Florigrown responded that this is clearly a “special” law in that it creates classes. Those who automatically got licenses without any review by the department, and all other companies, which in reality will never have applications reviewed, due to the cap on the number of MMTCs. While the department argued that the only restriction was a “grandfather clause” for the former licensees and applicant, Florigrown argued that this was simply a “statutory give-away” which created distinct treatment, which usurps any real opportunity to any company not already possessing a license from obtaining one. Clearly a “special”, not ”general” law.

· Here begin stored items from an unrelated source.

-- ===== src/Scenarios/Shutdowns.antt =====
-- The theorems on the end of a pool at a concrete run.
use queue_ctl.Prelude.{
  ◌≡◌, refl, [], ◌∷◌, All, inr, count_rows, update_rows, where_rows, order_by, insert_row, find_row,
}
use queue_ctl.Prelude.Int.{pos, ◌-ℤ◌, ◌+ℤ◌, wrap64}
use queue_ctl.Domain.Job.{Job, running, status_eq}
use queue_ctl.Domain.Worker.{validate, worker_status_eq}
use queue_ctl.Store.{now, new_id, driver_call}
use queue_ctl.Domain.Clocked.{new_worker, set_status, new_execution_log, or_now}
use queue_ctl.Store.Tx.{with_tx}
use queue_ctl.Repository.Jobs as Jobs
use queue_ctl.Repository.Jobs.{
  is_listed, listed_before, acquire_next_pending_job, acquire_in_tx, acquired_before,
}
use queue_ctl.Repository.Logs as Logs
use queue_ctl.Repository.Workers as Workers
use queue_ctl.Service.Queue.{register_worker}
use queue_ctl.Service.Fetch.{fetch_next_job, fetch_in_tx}
use queue_ctl.Service.Reclaim.{reclaim_all, reclaim_orphaned_jobs}
use queue_ctl.Pool.{mark, working, released, poll_and_dispatch, start}
use queue_ctl.Pool.Shutdown.{Life}
use queue_ctl.Pool.Shutdown.Drained.{start-drained}
use queue_ctl.Pool.Shutdown.Reappears.{left, until_seen, until_left}
use queue_ctl.Scenarios.Sample.{calm_env, sample_settings, waiting_world, urgent_job}
use queue_ctl.Scenarios.Pools.{fresh_pool, started_world, poll, start_runs}

abbrev taken : Job
taken = record urgent_job { status = running; updated_at = pos 1003 }

poll_tasks : poll.0.tasks ≡ working taken ∷ []
unfolding poll_and_dispatch mark fetch_next_job fetch_in_tx acquire_next_pending_job acquire_in_tx
    acquired_before new_execution_log or_now wrap64 ◌+ℤ◌ with_tx Logs.insert start new_id new_worker
    set_status now register_worker validate Workers.upsert Workers.upserted driver_call
    reclaim_orphaned_jobs reclaim_all Workers.prune_stale Jobs.list_jobs is_listed listed_before
    status_eq worker_status_eq ◌-ℤ◌ count_rows update_rows where_rows order_by insert_row find_row
poll_tasks = refl

-- The context is cancelled while the goroutine runs its handler; Stop waits until it has recorded the
-- outcome and released its slot.
abbrev last_life : Life
last_life = left calm_env sample_settings fresh_pool started_world taken

start-drained_example : (last_life.pool.slots ≡ 0) × All (λ t. t ≡ released) last_life.pool.tasks
start-drained_example =
    start-drained calm_env sample_settings "host" "" (pos 2) waiting_world start_runs
      (until_seen calm_env sample_settings fresh_pool started_world taken poll_tasks) refl refl
      (λ e. cc) (until_left calm_env sample_settings fresh_pool started_world taken) (inr refl)
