-- ===== src/Service/Handlers/Registry.antt =====
-- RegisterHandler and ExecuteJob together.
use queue_ctl.Prelude.{String, ◌≡◌, ◌≢◌, some, arith, eq_iff, eq_refl}
use queue_ctl.Domain.Errors.{ok, err, handler_not_found, handler_already_registered, detail}
use queue_ctl.Domain.Job.{Job}
use queue_ctl.Store.{World, fails}
use queue_ctl.Service.Handlers.{Handler, handler_of, register_handler, execute_job}

-- After a RegisterHandler without an error, ExecuteJob runs that handler on the payloads of the jobs
-- of its type, and runs every other job as before. The type had no handler before, so that a job of
-- it was refused; a second registration of the type is refused and changes nothing.
pub register_handler-runs :
    (job_type : String) (h : Handler) (w : World)
    → (register_handler job_type (some h) w).0 ≡ ok tt
    → let w' = (register_handler job_type (some h) w).1 in
      ((job : Job) → job.job_type ≡ job_type → execute_job job w' ≡ h job.payload)
      × ((job : Job) → job.job_type ≢ job_type → execute_job job w' ≡ execute_job job w)
      × ((job : Job)
          → job.job_type ≡ job_type
          → execute_job job w ≡ fails (detail handler_not_found job_type))
      × ((again : Handler)
          → register_handler job_type (some again) w'
            ≡ (err (detail handler_already_registered job_type), w'))
unfolding register_handler execute_job handler_of
register_handler-runs job_type h w done = (
  (λ job same. ground (arith, eq_iff job_type job.job_type)),
  (λ job other. ground (arith, eq_iff job_type job.job_type)),
  (λ job same. ground arith),
  (λ again. ground (arith, eq_refl job_type, eq_iff job_type "")),
)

I’m no mind-reader, but I thought that Florigrown was already going to win based on the monopoly argument. I was fascinated when the court asked for the additional briefing. The “special law” issue seems like a “layup” for Florigrown. How can this law not be a “special” law which gives special privilege to lucky ticket holders? The state’s argument seems weak to me, because while “classes” are formed all the time (such as plumbers, lawyers or any other licenses trade), there are not lawyers who get special treatment beyond other lawyers. Here, however, many of the license holders only hold licenses and aren’t even in the cannabis business. Investors flipping paper for $53 million dollars are not situated similarly to MMTCs which have spent endless millions of dollars to run licensed businesses, and they are not situated similarly to companies which want to operate but do not have the opportunity to have an application reviewed until some formulaic peak is reached, which may never happen.
Last month, I wrote that 2022 is likely to see an adult-use referendum pass. I opine that Florigrown will have an MMTC license prior to that ballot initiative reaching the voters, that the system in place will be found unconstitutional and that adult-use will be legal after the 2022 vote. Because, after all, we are a country which represents freedom and opportunity for all. Awarding monopolies and preventing competition to the selected few provides no freedom or opportunity for those wishing to enter the industry. Special law likely, but one way or another, I believe the Supreme Court is about to rule that the system we are just starting to get used to is unconstitutional.